The producer of Clybourne Park has cancelled the play's run on Broadway after falling out with its writer, Bruce Norris , according to the New York Post . Norris was due to appear in an acting role in producer Scott Rudin's HBO adaptation of Jonathan Franzen's book The Corrections , but is reported to have pulled out on Monday after three months of contractual wrangling, saying: "I don't like to do pilots." Rudin, regarded as the most powerful producer on Broadway, then axed Clybourne Park, which was due to reach Broadway in the spring, as well as two other Norris plays he was planning to produce in 2013. The theatre is not accepting ticket bookings, while the play's publicists, Boneau/Bryan-Brown , said they were no longer representing the show.
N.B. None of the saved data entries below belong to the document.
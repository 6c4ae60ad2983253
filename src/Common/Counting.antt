-- ===== src/Common/Counting.antt =====
-- How often what holds in lists, and the sizes of the parts of two sets.
use Prim.Native.Nat.{◌+◌}
use mathlib.Core.Path.{◌≡◌, refl, sym}
use mathlib.Core.Bool.{Bool, true, false, not}
use mathlib.Core.List.{List, [], ◌∷◌}
use native.Mathlib.Omega.{arith}
use evalops_lab.Common.Tests.{Eq, ◌==◌, ==_iff, if◌then◌else◌}
use evalops_lab.Common.Lists.{member, unique, count, keep, length, length-keep}

module _ {ℓ} {K : Type ℓ} ⦃e : Eq K⦄ where
  count-none : (k : K) (xs : List K) → member k xs ≡ false → count (λ x. x == k) xs ≡ 0
  count-none k [] h = refl
  count-none k (x ∷ xs) h = ground (arith, ==_iff k x, ==_iff x k, count-none k xs)

  -- An element of a list without repetitions occurs once.
  pub count-unique :
      (k : K) (xs : List K) → unique xs ≡ true → member k xs ≡ true → count (λ x. x == k) xs ≡ 1
  count-unique k [] u m = ground arith
  count-unique k (x ∷ xs) u m =
      ground (arith, ==_iff k x, ==_iff x k, count-none k xs, count-unique k xs)

  count-occurs :
      (k : K) (xs : List K)
      → unique xs ≡ true
      → count (λ x. x == k) xs ≡ (if member k xs then 1 else 0)
  count-occurs k xs u = ground (arith, count-unique k xs, count-none k xs)

  count-member_cons :
      (a : K) (xs ys : List K)
      → member a xs ≡ false
      → count (λ b. member b (a ∷ xs)) ys ≡ count (λ b. b == a) ys + count (λ b. member b xs) ys
  count-member_cons a xs [] h = refl
  count-member_cons a xs (b ∷ ys) h = ground (arith, ==_iff b a, count-member_cons a xs ys)

  count-member_nil : (ys : List K) → count (λ b. member b []) ys ≡ 0
  count-member_nil [] = refl
  count-member_nil (b ∷ ys) = count-member_nil ys

  -- The common part of two sets has one size, seen from either.
  pub count-member_comm :
      (xs ys : List K)
      → unique xs ≡ true
      → unique ys ≡ true
      → count (λ a. member a ys) xs ≡ count (λ b. member b xs) ys
  count-member_comm [] ys u v = sym (count-member_nil ys)
  count-member_comm (a ∷ xs) ys u v =
      ground (arith, count-member_cons a xs ys, count-occurs a ys, count-member_comm xs ys)

module _ {ℓ} {A : Type ℓ} where
  pub count-not : (p : A → Bool) (xs : List A) → length xs ≡ count p xs + count (λ x. not (p x)) xs
  count-not p [] = refl
  count-not p (x ∷ xs) = ground (arith, count-not p xs)

  -- A test splits a list.
  pub length-split :
      (p : A → Bool) (xs : List A)
      → length xs ≡ length (keep p xs) + length (keep (λ x. not (p x)) xs)
  length-split p xs =
      ground (arith, count-not p xs, length-keep p xs, length-keep (λ x. not (p x)) xs)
Clybourne Park, a lacerating comedy about race and class, made its debut in New York two years ago. Based around the changes in the racial makeup of a Chicago neighbourhood, its UK premiere at the Royal Court in London earned rave reviews, the Guardian's theatre critic Michael Billington writing that it "nails the thorny subject of race relations with a bilious zest that takes one's breath away". The play won the Pulitzer prize for drama last year , and has earned numerous other awards including an Olivier for best new play . Its cancellation has left Jujamcyn Theaters , the company who owns the Broadway venue it would have played, facing losses of hundreds of thousands of dollars in rent, although Rudin is said to have offered them $1.5m (£946,00): a week's takings from another of his productions, the hit South Park musical The Book of Mormon . The cast and crew will also have to find new jobs once the play ends its current run in Los Angeles on 26 February. Jujamcyn Theaters were reported to be contacting other producers in an attempt to salvage the play – in theory not a difficult task as the play is already a proven hit. West End producers traditionally see their roles in more modest terms than their Broadway counterparts, who are notorious for intervening in the production process. When Alan Ayckbourn 's Absurd Person Singular was staged on Broadway in 1973, the producer Philip Langner brought in a statistician to count the number of laughs each act received from the audience and demanded that acts two and three should be reversed.